Il soutient qu'il a transmis le 6 juin 2023 deux questions orales en vue du conseil municipal du 9 juin 2023 ; que le maire a refusé de le laisser poser ses deux questions en méconnaissance des dispositions de l'article L. 2121-19 du code général des collectivités territoriales et de celles de l'article 5 du règlement intérieur de la commune.
Par un mémoire en défense, enregistré le 18 novembre 2024, la commune de Savigny-sur-Orge conclut au rejet de la requête.
Elle soutient que :
- la requête est irrecevable en l'absence de décision faisant grief ;
- le moyen soulevé par M. Vagneux n'est pas fondé.

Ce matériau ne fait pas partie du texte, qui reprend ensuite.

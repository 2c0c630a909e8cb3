-- ===== src/Workflow/Graph/Reach.antt =====
-- The search finds the nodes that a chain of edges leads to, and no others.
use qingzhou_ssh.Prelude.{
  ℕ, zero, suc, ◌+◌, ◌≤◌, ◌≡◌, refl, sym, ap, ◌∙◌, subst, ◌⊎◌, inl, inr, ◌↔◌, true, false, not,
  ◌||◌, List, [], ◌∷◌, ◌++◌, map, count, length, length-append, count-le-length, arith, ◌==◌,
  ==_iff, ==_refl, Bool-cases, Any, here, there,
}
use qingzhou_ssh.Workflow.Graph.{WorkflowEdge, outgoing, is_member, search_loop, reachable_from}

-- There is an edge from `a` to `b`.
abbrev pub Leads : List WorkflowEdge → ℕ → ℕ → Type 0
Leads edges a b = Any (λ e. (e.source ≡ a) × (e.target ≡ b)) edges

pub data Reaches (edges : List WorkflowEdge) (first : ℕ) : ℕ → Type 0 where
  at_start : Reaches edges first first
  along : {a b : ℕ} → Reaches edges first a → Leads edges a b → Reaches edges first b

abbrev pub targets : List WorkflowEdge → ℕ → List ℕ
targets edges id = map (λ e. e.target) (outgoing edges id)

member-append :
    (n : ℕ) (xs ys : List ℕ) → is_member n (xs ++ ys) ≡ (is_member n xs || is_member n ys)
unfolding is_member
member-append n [] ys = refl
member-append n (x ∷ xs) ys = ground (arith, member-append n xs ys)

member_cons : (n x : ℕ) (xs : List ℕ) → is_member n (x ∷ xs) ≡ (x == n || is_member n xs)
unfolding is_member
member_cons n x xs = refl

Leads-targets :
    (edges : List WorkflowEdge) (a b : ℕ) → Leads edges a b → is_member b (targets edges a) ≡ true
unfolding outgoing is_member
Leads-targets [] a b l = elim l [ ]
Leads-targets (e ∷ edges) a b (here h) =
    rw ((==_iff e.source a).1 h.0) rw ((==_iff e.target b).1 h.1) refl
Leads-targets (e ∷ edges) a b (there l) =
    let ih = Leads-targets edges a b l in
    elim (Bool-cases (e.source == a)) [
      | inl own ↦ rw own (ground (arith, ih))
      | inr other ↦ rw other ih
    ]

targets-Leads :
    (edges : List WorkflowEdge) (a b : ℕ) → is_member b (targets edges a) ≡ true → Leads edges a b
unfolding outgoing is_member
targets-Leads [] a b h = absurd (ground arith)
targets-Leads (e ∷ edges) a b h = elim (Bool-cases (e.source == a)) [
  | inr other ↦ there (targets-Leads edges a b (rw other at h))
  | inl own ↦ elim (Bool-cases (e.target == b)) [
    | inl hit ↦ here ((==_iff e.source a).0 own, (==_iff e.target b).0 hit)
    | inr miss ↦
        let among : (e.target == b || is_member b (targets edges a)) ≡ true = rw own at h in
        there (targets-Leads edges a b (rw miss at among))
  ]
]

-- The edges whose source is not found yet.
abbrev pub waiting : List ℕ → List WorkflowEdge → ℕ
waiting reachable edges = count (λ e. not (is_member e.source reachable)) edges

waiting_cons :
    (id : ℕ) (reachable : List ℕ) (edges : List WorkflowEdge)
    → is_member id reachable ≡ false
    → waiting (id ∷ reachable) edges + length (targets edges id) ≡ waiting reachable edges
unfolding outgoing is_member
waiting_cons id reachable [] h = omega arith
waiting_cons id reachable (e ∷ edges) h =
    let ih = waiting_cons id reachable edges h in
    elim (Bool-cases (e.source == id)) [
      | inl own ↦
          let same : e.source ≡ id = (==_iff e.source id).0 own in
          let back : (id == e.source) ≡ true = (==_iff id e.source).1 (sym same) in
          let fresh : is_member e.source reachable ≡ false =
            ap (λ x. is_member x reachable) same ∙ h in
          rw (own, back, fresh) (omega (arith, ih))
      | inr other ↦
          let away : (id == e.source) ≡ false = ground arith in rw (other, away) (omega (arith, ih))
    ]

-- What is found, and what is still in the queue, is in the answer, and the answer is closed.
abbrev pub Closed : List WorkflowEdge → List ℕ → List ℕ → List ℕ → Type 0
Closed edges queue reachable answer =
    ((n : ℕ) → (is_member n reachable || is_member n queue) ≡ true → is_member n answer ≡ true)
    × ((a b : ℕ) → Leads edges a b → is_member a answer ≡ true → is_member b answer ≡ true)

-- A node that is found has its targets found or in the queue.
abbrev pub Followed : List WorkflowEdge → List ℕ → List ℕ → Type 0
Followed edges queue reachable =
    (a b : ℕ)
    → Leads edges a b
    → is_member a reachable ≡ true
    → (is_member b reachable || is_member b queue) ≡ true

drop_none :
    (n : ℕ) (reachable : List ℕ)
    → (is_member n reachable || is_member n []) ≡ true
    → is_member n reachable ≡ true
unfolding is_member
drop_none n reachable h = ground arith

first_in :
    (id : ℕ) (queue reachable : List ℕ)
    → (is_member id reachable || is_member id (id ∷ queue)) ≡ true
first_in id queue reachable = rw (member_cons id id queue, ==_refl id) ground arith

add_seen :
    (n id : ℕ) (queue reachable : List ℕ)
    → (is_member n reachable || is_member n queue) ≡ true
    → (is_member n reachable || is_member n (id ∷ queue)) ≡ true
add_seen n id queue reachable h = rw (member_cons n id queue) ground (arith, h)

split_found :
    (n id : ℕ) (queue reachable more : List ℕ)
    → (is_member n (id ∷ reachable) || is_member n (queue ++ more)) ≡ true
    → ((is_member n reachable || is_member n (id ∷ queue)) ≡ true) ⊎ (is_member n more ≡ true)
split_found n id queue reachable more h =
    rw (member_cons n id queue) ground
      (arith, (rw (member-append n queue more, member_cons n id reachable) at h))

drop_seen :
    (n id : ℕ) (queue reachable : List ℕ)
    → is_member id reachable ≡ true
    → (is_member n reachable || is_member n (id ∷ queue)) ≡ true
    → (is_member n reachable || is_member n queue) ≡ true
drop_seen n id queue reachable seen h = elim (Bool-cases (id == n)) [
  | inl own ↦
      let found : is_member n reachable ≡ true =
        subst (λ x. is_member x reachable ≡ true) ((==_iff id n).0 own) seen in
      rw found refl
  | inr other ↦ rw other at (rw (member_cons n id queue) at h)
]

shift :
    (n id : ℕ) (queue reachable more : List ℕ)
    → (is_member n reachable || is_member n (id ∷ queue)) ≡ true
    → (is_member n (id ∷ reachable) || is_member n (queue ++ more)) ≡ true
shift n id queue reachable more h =
    rw (member-append n queue more, member_cons n id reachable)
      (ground (arith, (rw (member_cons n id queue) at h)))

fresh_Followed :
    (edges : List WorkflowEdge) (queue reachable : List ℕ) (id : ℕ)
    → Followed edges (id ∷ queue) reachable
    → Followed edges (queue ++ targets edges id) (id ∷ reachable)
fresh_Followed edges queue reachable id f a b l m = elim (Bool-cases (id == a)) [
  | inl own ↦
      let hit : is_member b (targets edges id) ≡ true =
        subst (λ x. is_member b (targets edges x) ≡ true) (sym ((==_iff id a).0 own))
          (Leads-targets edges a b l) in
      rw (member-append b queue (targets edges id)) ground (arith, hit)
  | inr other ↦
      shift b id queue reachable (targets edges id)
        (f a b l (rw other at (rw (member_cons a id reachable) at m)))
]

loop-Closed :
    (fuel : ℕ) (edges : List WorkflowEdge) (queue reachable : List ℕ)
    → length queue + waiting reachable edges ≤ fuel
    → Followed edges queue reachable
    → Closed edges queue reachable (search_loop fuel edges queue reachable)
unfolding search_loop
loop-Closed fuel edges [] reachable enough f =
    ((λ n h. drop_none n reachable h), λ a b l m. drop_none b reachable (f a b l m))
loop-Closed zero edges (id ∷ queue) reachable enough f = absurd (omega (arith, enough))
loop-Closed (suc fuel) edges (id ∷ queue) reachable enough f =
    elim (Bool-cases (is_member id reachable)) [
      | inl seen ↦
          let c =
            loop-Closed fuel edges queue reachable (omega (arith, enough))
              (λ a b l m. drop_seen b id queue reachable seen (f a b l m)) in
          rw seen ((λ n m. c.0 n (drop_seen n id queue reachable seen m)), c.1)
      | inr fresh ↦
          let c =
            loop-Closed fuel edges (queue ++ targets edges id) (id ∷ reachable)
              (omega (
                arith,
                enough,
                length-append queue (targets edges id),
                waiting_cons id reachable edges fresh,
              ))
              (fresh_Followed edges queue reachable id f) in
          rw fresh ((λ n m. c.0 n (shift n id queue reachable (targets edges id) m)), c.1)
    ]

-- The other way: what is found is reached, if what the search starts from is.
loop-Reaches :
    (fuel : ℕ) (edges : List WorkflowEdge) (first : ℕ) (queue reachable : List ℕ) (n : ℕ)
    → ((m : ℕ) → (is_member m reachable || is_member m queue) ≡ true → Reaches edges first m)
    → is_member n (search_loop fuel edges queue reachable) ≡ true
    → Reaches edges first n
unfolding search_loop
loop-Reaches fuel edges first [] reachable n h m = h n (rw m refl)
loop-Reaches zero edges first (id ∷ queue) reachable n h m = h n (rw m refl)
loop-Reaches (suc fuel) edges first (id ∷ queue) reachable n h m =
    elim (Bool-cases (is_member id reachable)) [
      | inl seen ↦
          loop-Reaches fuel edges first queue reachable n
            (λ k e. h k (add_seen k id queue reachable e)) (rw seen at m)
      | inr fresh ↦
          loop-Reaches fuel edges first (queue ++ targets edges id) (id ∷ reachable) n
            (λ k e. elim (split_found k id queue reachable (targets edges id) e) [
              | inl old ↦ h k old
              | inr new ↦ along (h id (first_in id queue reachable)) (targets-Leads edges id k new)
            ])
            (rw fresh at m)
    ]

start_alone : (first m : ℕ) → (is_member m [] || is_member m (first ∷ [])) ≡ true → first ≡ m
unfolding is_member
start_alone first m h = ground arith

nothing_found : (m : ℕ) → is_member m [] ≡ false
unfolding is_member
nothing_found m = refl

reached_found :
    (edges : List WorkflowEdge) (first n : ℕ)
    → Closed edges (first ∷ []) [] (reachable_from first edges)
    → Reaches edges first n
    → is_member n (reachable_from first edges) ≡ true
reached_found edges first n c at_start = c.0 first (first_in first [] [])
reached_found edges first n c (along r l) = c.1 _ n l (reached_found edges first _ c r)

-- `reachable_from`, with fuel for one more than there are edges, finds exactly the nodes to which a
-- chain of edges leads from the start, whatever the edges are, cycles included.
pub reachable_from-Reaches :
    (edges : List WorkflowEdge) (first n : ℕ)
    → (is_member n (reachable_from first edges) ≡ true) ↔ Reaches edges first n
reachable_from-Reaches edges first n = (
  λ m.
      unfold reachable_from in
      loop-Reaches (suc (length edges)) edges first (first ∷ []) [] n
        (λ k e. subst (Reaches edges first) (start_alone first k e) at_start) m,
  reached_found edges first n (
      unfold reachable_from in
      loop-Closed (suc (length edges)) edges (first ∷ []) []
        (omega (arith, count-le-length (λ e. not (is_member e.source [])) edges))
        (λ a b l m. absurd (ground (arith, (rw (nothing_found a) at m))))),
)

Vu les autres pièces du dossier ;
Vu :
- le code général des collectivités territoriales ;
- le code de justice administrative.
Les parties ont été régulièrement averties du jour de l'audience.
Ont été entendus au cours de l'audience publique :
- le rapport de Mme Sauvageot,
- les conclusions de Mme Winkopp-Toch, rapporteure publique,
- et les observations de M. Vagneux.
Deux notes en délibéré, présentées par M. Vagneux, ont été enregistrées le 20 janvier 2025 et n'ont pas été communiquées.
1. M. Vagneux, conseiller municipal de la commune de Savigny-sur-Orge demande au tribunal d'annuler la décision du 9 juin 2023 par laquelle le maire de la commune a refusé de le laisser poser ses questions orales au cours de la séance du conseil municipal du même jour.
Sur les conclusions à fin d'annulation :
2. Aux termes de l'article L. 2121-19 du code général des collectivités territoriales : " Les conseillers municipaux ont le droit d'exposer en séance du conseil des questions orales ayant trait aux affaires de la commune. Dans les communes de 1 000 habitants et plus, le règlement intérieur fixe la fréquence ainsi que les règles de présentation et d'examen de ces questions. A défaut de règlement intérieur, celles-ci sont fixées par une délibération du conseil municipal ". Aux termes de l'article 5 du règlement intérieur du conseil municipal de Savigny-sur-Orge : " Les conseillers municipaux ont le droit d'exposer en séance du Conseil municipal des questions orales ayant trait aux affaires de la Commune dans les conditions fixées au présent article. Ces questions orales portent sur des sujets d'intérêt général et sont traitées en fin de séance. Les questions orales ne doivent pas excéder deux minutes. Elles ne peuvent être suivies ni d'un débat sur le thème abordé, ni d'un vote de quelque nature que ce soit. Chaque groupe politique bénéficie de la possibilité de poser quatre questions orales par séance du conseil. Il appartient à chaque groupe de réguler le choix des questions. Chaque élu municipal non-inscrit dans un groupe bénéficie de la possibilité de poser deux questions orales par séance du conseil. Le maire ou l'adjoint délégué répond aux questions posées par les conseillers municipaux. Les questions et les réponses sont portées au procès-verbal. Le texte de chaque question orale devra être transmis au secrétariat général à l'adresse suivante : secretariatgeneral@savigny.org, au plus tard deux jours avant la séance du conseil. Si l'importance, le nombre ou la nature des questions le justifie, le maire peut décider d'apporter sa réponse lors de la séance suivante du conseil municipal ".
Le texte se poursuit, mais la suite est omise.